Nice can . . . kles. Ewwwwwwwwwww.
Who? Me?
I just think of all the wonderful decisions I’ve made in relation to who I have chosen as my “significant others”, and then I picture them with Alzheimer’s, drooling and pooping on my bed while demanding a banana split – after they have loaded up thr Visa, of course.
When it comes to women, my power of discernment is less than negligible.
Those aren’t breasts, they’re bait (Sorry, girls. This is about me, not you).
I haven’s had a bad relationship in years. heh.
…men must form a plan of how to resist a good-looking temptress.
I recognize the words as English, but the sentence makes no sense to me.
Those aren’t breasts, they’re bait
That would make a nice t-shirt slogan.
Carin,
T-Shirt Hell has a couple similar ones. “I’ll be using these to my advantage” is probably the best one in that vein.

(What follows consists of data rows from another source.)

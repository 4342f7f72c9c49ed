-- ===== src/Selection/Features/Detected.antt =====
-- Which features a workload has: those that it declares, and those that are detected.
use score_orchestrator.Base.{
  String, Bool, true, false, not, ◌&&◌, ◌||◌, ◌≡◌, ◌∙◌, refl, ap, Option, none, some, List, [], ◌∷◌,
  arith, is_empty, any, all, if◌then◌else◌, Bool-cases, inl, inr,
}
use score_orchestrator.Base.Dict.{lookup}
use score_orchestrator.Base.Text.{Codes, codes, same_text, split, trim_space}
use score_orchestrator.Api.Workload.{Workload, ServicePort}
use score_orchestrator.Selection.Features.{
  FeatureSet, has, service_ports, is_http_port, is_https_port, is_monitoring_port, monitors,
  stores_files, is_database, asks_scale_to_zero, ingress_of_port, ingress_of_ports,
  detect_ingress_features, detect_monitoring_features, detect_scale_features,
  detect_storage_features, detect_database_features, auto_detect_features, declare_all,
  declared_features, get_workload_features, all_present, validate_feature_requirements,
}

-- The annotation lists the feature, up to spaces around it.
abbrev pub is_declared : Workload → Codes → Bool
is_declared w feature = elim (lookup "score.dev/requirements" w.annotations) [
  | none ↦ false
  | some listed ↦ any (λ f. same_text feature (trim_space f)) (split (codes listed) b',')
]

-- What each detected feature stands for.
abbrev pub is_detected : Workload → Codes → Bool
is_detected w feature =
    (same_text feature (codes "http-ingress") && not (is_empty (service_ports w)))
    || (same_text feature (codes "https-ingress") && any is_https_port (service_ports w))
    || (same_text feature (codes "monitoring")
        && (any is_monitoring_port (service_ports w) || any monitors w.spec.containers))
    || (same_text feature (codes "scale-to-zero")
        && asks_scale_to_zero (lookup "score.dev/scale-to-zero" w.annotations))
    || (same_text feature (codes "persistent-storage") && any stores_files w.spec.containers)
    || (same_text feature (codes "database-connectivity") && any is_database w.spec.resources)

module _ (feature : Codes) where
  has-ingress_of_port :
      (p : ServicePort) (set : FeatureSet)
      → (same_text feature (codes "http-ingress") || has feature (ingress_of_port p set)) ≡ (
          same_text feature (codes "http-ingress")
          || ((same_text feature (codes "https-ingress") && is_https_port p) || has feature set))
  unfolding ingress_of_port
  has-ingress_of_port p set = elim (Bool-cases (is_http_port p)) [
    | inl http ↦ elim (Bool-cases (is_https_port p)) [
      | inl https ↦ rw (http, https) (ground arith)
      | inr plain ↦ rw (http, plain) (ground arith)
    ]
    | inr other ↦ elim (Bool-cases (is_https_port p)) [
      | inl https ↦ rw (other, https) (ground arith)
      | inr plain ↦ rw (other, plain) (ground arith)
    ]
  ]

  -- HTTP ingress is set aside here: it is set after the loop in any case.
  has-ingress_of_ports :
      (ps : List ServicePort) (set : FeatureSet)
      → (same_text feature (codes "http-ingress") || has feature (ingress_of_ports ps set)) ≡ (
          same_text feature (codes "http-ingress")
          || ((same_text feature (codes "https-ingress") && any is_https_port ps)
              || has feature set))
  unfolding ingress_of_ports
  has-ingress_of_ports [] set = ground arith
  has-ingress_of_ports (p ∷ ps) set =
      has-ingress_of_ports ps (ingress_of_port p set)
      ∙ regroup (same_text feature (codes "http-ingress"))
          (same_text feature (codes "https-ingress")) (is_https_port p) (any is_https_port ps)
          (has feature (ingress_of_port p set)) (has feature set) (has-ingress_of_port p set)
    where
      regroup :
          (a b h hs set' set : Bool)
          → (a || set') ≡ (a || ((b && h) || set))
          → (a || ((b && hs) || set')) ≡ (a || ((b && (h || hs)) || set))
      regroup a b h hs set' set e = ground arith

  has-detect_ingress :
      (w : Workload) (set : FeatureSet)
      → has feature (detect_ingress_features w set) ≡ (
          (same_text feature (codes "http-ingress") && not (is_empty (service_ports w)))
          || ((same_text feature (codes "https-ingress") && any is_https_port (service_ports w))
              || has feature set))
  unfolding detect_ingress_features
  has-detect_ingress w set = by_ports (service_ports w)
    where
      by_ports :
          (ps : List ServicePort)
          → has feature
              (if is_empty ps then set else codes "http-ingress" ∷ ingress_of_ports ps set)
            ≡ ((same_text feature (codes "http-ingress") && not (is_empty ps))
                || ((same_text feature (codes "https-ingress") && any is_https_port ps)
                    || has feature set))
      by_ports [] = ground arith
      by_ports (p ∷ ps) = ground (arith, has-ingress_of_ports (p ∷ ps) set)

  -- A feature that is set under a test.
  has-if :
      (test : Bool) (f : Codes) (set : FeatureSet)
      → has feature (if test then f ∷ set else set)
        ≡ ((same_text feature f && test) || has feature set)
  has-if test f set = ground arith

  has-declare_all :
      (fs : List Codes) (set : FeatureSet)
      → has feature (declare_all fs set)
        ≡ (any (λ f. same_text feature (trim_space f)) fs || has feature set)
  has-declare_all [] set = refl
  has-declare_all (f ∷ fs) set = ground (arith, has-declare_all fs (trim_space f ∷ set))

  has-declared_features : (w : Workload) → has feature (declared_features w) ≡ is_declared w feature
  unfolding declared_features
  has-declared_features w = listed (lookup "score.dev/requirements" w.annotations)
    where
      listed :
          (o : Option String)
          → has feature
              (elim o [ none ↦ [] | some text ↦ declare_all (split (codes text) b',') [] ])
            ≡ (elim o [
              | none ↦ false
              | some text ↦ any (λ f. same_text feature (trim_space f)) (split (codes text) b',')
            ])
      listed none = refl
      listed (some text) = has-declare_all (split (codes text) b',') [] ∙ ground arith

  has-detect_monitoring :
      (w : Workload) (set : FeatureSet)
      → has feature (detect_monitoring_features w set) ≡ (
          (same_text feature (codes "monitoring")
            && (any is_monitoring_port (service_ports w) || any monitors w.spec.containers))
          || has feature set)
  unfolding detect_monitoring_features
  has-detect_monitoring w set =
      two_tests (any is_monitoring_port (service_ports w)) (any monitors w.spec.containers)
    where
      two_tests :
          (a b : Bool)
          → has feature
              (if a then codes "monitoring" ∷ set else if b then codes "monitoring" ∷ set else set)
            ≡ ((same_text feature (codes "monitoring") && (a || b)) || has feature set)
      two_tests a b = ground arith

  has-detect_scale :
      (w : Workload) (set : FeatureSet)
      → has feature (detect_scale_features w set) ≡ (
          (same_text feature (codes "scale-to-zero")
            && asks_scale_to_zero (lookup "score.dev/scale-to-zero" w.annotations))
          || has feature set)
  unfolding detect_scale_features
  has-detect_scale w set = has-if _ (codes "scale-to-zero") set

  has-detect_storage :
      (w : Workload) (set : FeatureSet)
      → has feature (detect_storage_features w set) ≡ (
          (same_text feature (codes "persistent-storage") && any stores_files w.spec.containers)
          || has feature set)
  unfolding detect_storage_features
  has-detect_storage w set = has-if _ (codes "persistent-storage") set

  has-detect_database :
      (w : Workload) (set : FeatureSet)
      → has feature (detect_database_features w set) ≡ (
          (same_text feature (codes "database-connectivity") && any is_database w.spec.resources)
          || has feature set)
  unfolding detect_database_features
  has-detect_database w set = has-if _ (codes "database-connectivity") set

  has-auto_detect_features :
      (w : Workload) (set : FeatureSet)
      → has feature (auto_detect_features w set) ≡ (has feature set || is_detected w feature)
  unfolding auto_detect_features
  has-auto_detect_features w set =
      let ingress = detect_ingress_features w set in
      let monitoring = detect_monitoring_features w ingress in
      let scale = detect_scale_features w monitoring in
      let storage = detect_storage_features w scale in
      has-detect_database w storage
      ∙ ap (◌||◌ _) (
          has-detect_storage w scale
          ∙ ap (◌||◌ _) (
              has-detect_scale w monitoring
              ∙ ap (◌||◌ _)
                  (has-detect_monitoring w ingress ∙ ap (◌||◌ _) (has-detect_ingress w set))))
      ∙ regroup
          (same_text feature (codes "database-connectivity") && any is_database w.spec.resources)
          (same_text feature (codes "persistent-storage") && any stores_files w.spec.containers)
          (same_text feature (codes "scale-to-zero")
            && asks_scale_to_zero (lookup "score.dev/scale-to-zero" w.annotations))
          (same_text feature (codes "monitoring")
            && (any is_monitoring_port (service_ports w) || any monitors w.spec.containers))
          (same_text feature (codes "http-ingress") && not (is_empty (service_ports w)))
          (same_text feature (codes "https-ingress") && any is_https_port (service_ports w))
          (has feature set)
    where
      regroup :
          (database storage scale monitoring http https before : Bool)
          → (database || (storage || (scale || (monitoring || (http || (https || before))))))
            ≡ (before || (http || https || monitoring || scale || storage || database))
      regroup true b c d e f g = ground arith
      regroup false true c d e f g = ground arith
      regroup false false c d e f g = ground arith

-- A workload has exactly the features that its annotation declares and those that are detected:
-- HTTP ingress by any service port, HTTPS ingress by its ports, monitoring by a port or a variable,
-- scale to zero by its annotation, storage by files, a database by a resource type.
pub has-get_workload_features :
    (w : Workload) (feature : Codes)
    → has feature (get_workload_features w) ≡ (is_declared w feature || is_detected w feature)
unfolding get_workload_features
has-get_workload_features w feature =
    has-auto_detect_features feature w (declared_features w)
    ∙ ap (λ b. b || is_detected w feature) (has-declared_features feature w)

all_present_lem :
    (w : Workload) (required : List String)
    → all_present (get_workload_features w) required
      ≡ all (λ r. is_declared w (codes r) || is_detected w (codes r)) required
all_present_lem w [] = refl
all_present_lem w (r ∷ rs) =
    all_of_two _ _ _ _ (has-get_workload_features w (codes r)) (all_present_lem w rs)
  where
    all_of_two :
        (a b rest rest' : Bool)
        → a ≡ b
        → rest ≡ rest'
        → (if not a then false else rest) ≡ (b && rest')
    all_of_two a b rest rest' e f = ground arith

-- The features that a backend requires are there exactly when each is declared or detected.
pub validate_feature_requirements_lem :
    (w : Workload) (required : List String)
    → validate_feature_requirements w required
      ≡ all (λ r. is_declared w (codes r) || is_detected w (codes r)) required
unfolding validate_feature_requirements
validate_feature_requirements_lem w [] = refl
validate_feature_requirements_lem w (r ∷ rs) = all_present_lem w (r ∷ rs)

The best strategy is just act all creepy like. Really, if she’s still interested, it’s her own fault.
Wife: Dear, do you think that woman is attractive?
Me: Woman? What woman?
Wife: The lion-maned honey blonde who’s spilling out of her black sheath.
Me: Where? Oh, her?
Wife: Yes! Is she attractive?
Me: Ohh…well…not really. She’s got bad…posture.
There is only one thing greater than HONOR…..in her!
Free Mammogram
That’s Mumia, you goof.
TOP-HEAVYIST!!!!
“We’re fighting over this woman’s honor – which is probably more that she’s ever done.”
— Groucho
Have someone you really care about cheat on you.
Later, if tempted yourself, remember that feeling.
[…] Dan Collins links to an article about how women resist temptation from single men better than men resist temptation from women. Hmmm… […]
I find that pretending not to understand what’s going on works really well. Women are more than willing to believe we’re oblivious to everything happening, so getting a confused-dog look and saying “Like how do you mean?” a lot eventually drives them away.
If all else fails, wet your pants.
Resistance is futile.
Billy Graham’s strategy was to never be alone with a woman who wasn’t his wife, ever.
Well she did it, she cheated. I still can’t believe it.